Eastern woodrats are popularly known for being pests. They tend to seek out houses, especially cottages or cabins in wooded areas, for warmth or housing, and do not hesitate to make nests out of mattresses and other furniture while feeding in adjacent cultivated areas. Automobiles may be damaged by chewing on wires and the introduction of nesting materials. Rarely, eastern woodrats may be the carriers of diseases that are communicable to humans. The eastern woodrat does not have any economic impact on humans, but may receive blame for damages made by black or Norway rats.

== Conservation ==
Most subspecies of the eastern woodrat have been classified as Least Concern by the IUCN, with the exception of the Key Largo woodrat. While the species appears to never have been abundant, it remains widespread and reasonably common. However, at smaller scales, the species has been listed as endangered, threatened, or of special concern in 5 of the 17 states in which they are found. State status designations may not be accurate since there is little research done where woodrats are presumed to be common. All states with recorded population decline are on the edge of the species range. The only conservation action taken has been habitat protection in Indiana, Illinois, North Carolina, and Florida.

=== Threats ===
Where eastern woodrats have declined, a variety of possible causes has been identified. Based on the historical records, it appears that extremely cold winters can cause a dramatic decline in populations. In 1912 and 1918, severe winters reduced the Illinois eastern woodrat populations. In 1948 and 1949, long winters with accumulation of snow and ice might have caused high mortality of litters in Kansas and starvation of adults.

In recent times, urban development is thought to have had an impact. In South Carolina, massive development and urbanization, including forest clearance and road expansion, have led to habitat loss and isolation of woodrat populations. Suitable habitats in the Coastal Plains of South Carolina are not protected at all.

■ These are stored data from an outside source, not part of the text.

-- ===== src/Domain/Transition/Diagram.antt =====
-- internal/domain/operation/transition.go: the guard decides a diagram of statuses.
use update_service.Base.{
  Bool, Bool-cases, not, ◌&&◌, true, false, ◌≡◌, refl, ◌⊎◌, inl, inr, ◌↔◌, ◌≢◌, none, arith,
  str_eq_refl, eq_iff,
}
use update_service.Domain.Operation.{
  OperationStatus, created, queued, dispatched, transferring, transferred, processing, completed,
  failed, timeout, cancelled, other, same_status,
}
use update_service.Domain.Transition.{can_transition, can_transition_table}

-- The diagram: an operation moves forward, fails or times out once a worker has it, may be
-- cancelled until it ends, and is queued again from FAILED and TIMEOUT.
infix 40 ◌⟶◌
pub data ◌⟶◌ : OperationStatus → OperationStatus → Type 0 where
  upload : created ⟶ queued
  dispatch : queued ⟶ dispatched
  start : dispatched ⟶ transferring
  verify : transferring ⟶ transferred
  process : transferred ⟶ processing
  finish : processing ⟶ completed
  lose_command : dispatched ⟶ failed
  lose_transfer : transferring ⟶ failed
  lose_work : processing ⟶ failed
  expire_command : dispatched ⟶ timeout
  expire_transfer : transferring ⟶ timeout
  expire_wait : transferred ⟶ timeout
  expire_work : processing ⟶ timeout
  retry_failed : failed ⟶ queued
  retry_timeout : timeout ⟶ queued
  fail_late : timeout ⟶ failed
  expire_late : failed ⟶ timeout
  drop_created : created ⟶ cancelled
  drop_queued : queued ⟶ cancelled
  drop_dispatched : dispatched ⟶ cancelled
  drop_transferring : transferring ⟶ cancelled
  drop_transferred : transferred ⟶ cancelled
  drop_processing : processing ⟶ cancelled
  drop_failed : failed ⟶ cancelled
  drop_timeout : timeout ⟶ cancelled

pub ruleset forward = (upload, dispatch, start, verify, process, finish)

ruleset losses = (
  lose_command, lose_transfer, lose_work, expire_command, expire_transfer, expire_wait, expire_work,
)

ruleset returns = (retry_failed, retry_timeout, fail_late, expire_late)

pub ruleset drops = (
  drop_created, drop_queued, drop_dispatched, drop_transferring, drop_transferred, drop_processing,
  drop_failed, drop_timeout,
)

pub same_status→≡ : (a b : OperationStatus) → same_status a b ≡ true → a ≡ b
same_status→≡ (other s) (other t) h = ground (arith, eq_iff s t)
same_status→≡ a b h = ground arith

pub same_status_refl : (a : OperationStatus) → same_status a a ≡ true
same_status_refl (other s) = str_eq_refl s
same_status_refl created = refl
same_status_refl _ = refl

-- What the retry flag asks of the old status.
abbrev pub IsRetryable : OperationStatus → Type 0
IsRetryable from = (from ≡ failed) ⊎ (from ≡ timeout)

edge_sound :
    (from to : OperationStatus)
    → same_status from to ≡ false
    → can_transition_table from to ≡ none
    → from ⟶ to
unfolding can_transition_table
edge_sound created to d h = grind (arith, forward, drops, same_status→≡)
edge_sound queued to d h = grind (arith, forward, drops, same_status→≡)
edge_sound from to d h = grind (arith, forward, losses, returns, drops, same_status→≡)

edge_complete : {from to : OperationStatus} → from ⟶ to → can_transition_table from to ≡ none
unfolding can_transition_table
edge_complete upload = refl
edge_complete _ = refl

-- An edge joins two different statuses, and leaves neither of the terminal ones.
pub edge-open :
    {from to : OperationStatus}
    → from ⟶ to
    → (same_status from to ≡ false)
      × (same_status from completed ≡ false)
      × (same_status from cancelled ≡ false)
edge-open upload = (refl, refl, refl)
edge-open _ = (refl, refl, refl)

retryable_test :
    (from : OperationStatus)
    → IsRetryable from
    → not (same_status from failed) && not (same_status from timeout) ≡ false
retryable_test from (inl e) = rw e
retryable_test from (inr e) = rw e

allowed :
    (from to : OperationStatus) (is_retry : Bool)
    → (is_retry ≡ true → IsRetryable from)
    → from ⟶ to
    → can_transition from to is_retry ≡ none
unfolding can_transition
allowed from to false r e = ground (arith, edge-open e, edge_complete e)
allowed from to true r e =
    ground (arith, edge-open e, edge_complete e, retryable_test from (r refl))

accepted_same : (a : OperationStatus) (is_retry : Bool) → can_transition a a is_retry ≡ none
unfolding can_transition
accepted_same a is_retry = rw (same_status_refl a)

accepted_by_table :
    (from to : OperationStatus) (is_retry : Bool)
    → same_status from to ≡ false
    → can_transition from to is_retry ≡ none
    → can_transition_table from to ≡ none
unfolding can_transition
accepted_by_table from to is_retry d h = ground arith

accepted-IsRetryable :
    (from to : OperationStatus)
    → same_status from to ≡ false
    → can_transition from to true ≡ none
    → IsRetryable from
unfolding can_transition
accepted-IsRetryable from to d h =
    ground (arith, same_status→≡ from failed, same_status→≡ from timeout)

-- Without the retry flag the guard accepts a change of status exactly when the status stays the
-- same or the change is an edge of the diagram.
pub can_transition_iff :
    (from to : OperationStatus)
    → (can_transition from to false ≡ none) ↔ ((from ≡ to) ⊎ (from ⟶ to))
can_transition_iff from to = (sound, complete)
  where
    sound : can_transition from to false ≡ none → (from ≡ to) ⊎ (from ⟶ to)
    sound h = elim (Bool-cases (same_status from to)) [
      | inl e ↦ inl (same_status→≡ from to e)
      | inr d ↦ inr (edge_sound from to d (accepted_by_table from to false d h))
    ]

    complete : (from ≡ to) ⊎ (from ⟶ to) → can_transition from to false ≡ none
    complete (inl e) = rw e (accepted_same to false)
    complete (inr e) = allowed from to false (λ q. absurd (cc)) e

-- The retry flag narrows the guard: a change to another status is accepted exactly when it is an
-- edge that leaves FAILED or TIMEOUT.
pub can_transition_retry_iff :
    (from to : OperationStatus)
    → from ≢ to
    → (can_transition from to true ≡ none) ↔ (IsRetryable from × (from ⟶ to))
can_transition_retry_iff from to ne = (sound, λ p. allowed from to true (λ _. p.0) p.1)
  where
    sound : can_transition from to true ≡ none → IsRetryable from × (from ⟶ to)
    sound h = elim (Bool-cases (same_status from to)) [
      | inl e ↦ absurd (ne (same_status→≡ from to e))
      | inr d ↦ (
        accepted-IsRetryable from to d h,
        edge_sound from to d (accepted_by_table from to true d h),
      )
    ]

While woodrats forage on many different food items, they are largely depended on cached acorns and nuts during winter. Eruptions of the gypsy moth in the basin of the Lower Mississippi River in 1964 and 1965 resulted in poor acorn and chestnut crops and subsequently in increased mortality in eastern woodrats in the area.

The continued spread of raccoons may increase the likelihood of lethal infection of woodrats with the raccoon roundworm.

=== Conservation management ===

In 2003, The Fish and Wildlife Service and Florida department of Environmental Protection jointly initiated a program for the removal of feral and free-roaming cats from conservation areas occupied by woodrats, which has proven largely successful. Another step towards preserving this species is the separation of human activities from woodrat habitats to reduce human disturbance and secondary effects such as the presence of raccoons.

The species has been reintroduced in several areas including Pine Hills, Union County and some sites in Missouri. Reintroduction areas need to be checked for adequate food supplies, shelter resources and absence of raccoon roundworm. It has been suggested that the sex ratio be skewed toward females because eastern woodrats are polygynous, and that a genetically diverse stock be used to improve adaptability and survival rates.